§ Work request: Copy each line from the records below in which the word "arith" is found.

_ _ _ _ _

-- ===== src/Mm/Heap/Tests.antt =====
-- Runs on a fresh heap, and the theorems at inputs that meet their premises.
use haoud_os.Base.{ℕ, ◌+◌, ◌≡◌, ◌⊎◌, true, false, [], ◌∷◌, ok, arith, refl}
use haoud_os.Mm.Heap.{
  Chunk, Heap, setup_heap, place, kmalloc_no_security, kfree, header_size, header_magic,
}
use haoud_os.Mm.Heap.Regions.{IsValid, free_bytes, count_used, count_free, all_bytes}
use haoud_os.Mm.Heap.Alloc.{Allocates, Refuses, kmalloc_no_security_lem}
use haoud_os.Mm.Heap.Free.{Released, kfree_lem}

abbrev fresh : Heap
unfolding setup_heap
fresh = setup_heap 0x20_0000

-- After one block of 100 bytes.
abbrev one_block : Heap
one_block = record {
  chunks =
      record { addr = 0x20_0000; magic = header_magic; size = 100; used = true }
      ∷ record { addr = 0x20_007c; magic = header_magic; size = 16236; used = false }
      ∷ [];
  nb_chunks = 2;
  nb_chunks_used = 1;
  nb_chunks_free = 1;
  heap_memory_allocated = 0x4000;
  heap_free_memory = 16236;
}

first_block : kmalloc_no_security 100 fresh ≡ ok (0x20_0018, one_block)
unfolding setup_heap kmalloc_no_security place
first_block = refl

one_block-IsValid : IsValid one_block
unfolding free_bytes count_used count_free all_bytes
one_block-IsValid = omega arith

kmalloc_no_security_lem_example :
    (r : ℕ × Heap) × (kmalloc_no_security 200 one_block ≡ ok r)
    × (Refuses 200 one_block r ⊎ Allocates 200 one_block r)
kmalloc_no_security_lem_example =
    kmalloc_no_security_lem 200 one_block (λ e. cc) (omega arith) one_block-IsValid

kfree_lem_example :
    (c : Chunk) × (h' : Heap) × (kfree 0x20_0018 one_block ≡ ok h')
    × Released one_block.chunks c h'.chunks
    × (c.addr + header_size ≡ 0x20_0018)
    × IsValid h'
kfree_lem_example = kfree_lem 0x20_0018 one_block one_block-IsValid (omega arith) (omega arith) refl

-- The second chunk is free.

_ _ _ _ _

§ Response:
use haoud_os.Base.{ℕ, ◌+◌, ◌≡◌, ◌⊎◌, true, false, [], ◌∷◌, ok, arith, refl}
one_block-IsValid = omega arith
    kmalloc_no_security_lem 200 one_block (λ e. cc) (omega arith) one_block-IsValid
kfree_lem_example = kfree_lem 0x20_0018 one_block one_block-IsValid (omega arith) (omega arith) refl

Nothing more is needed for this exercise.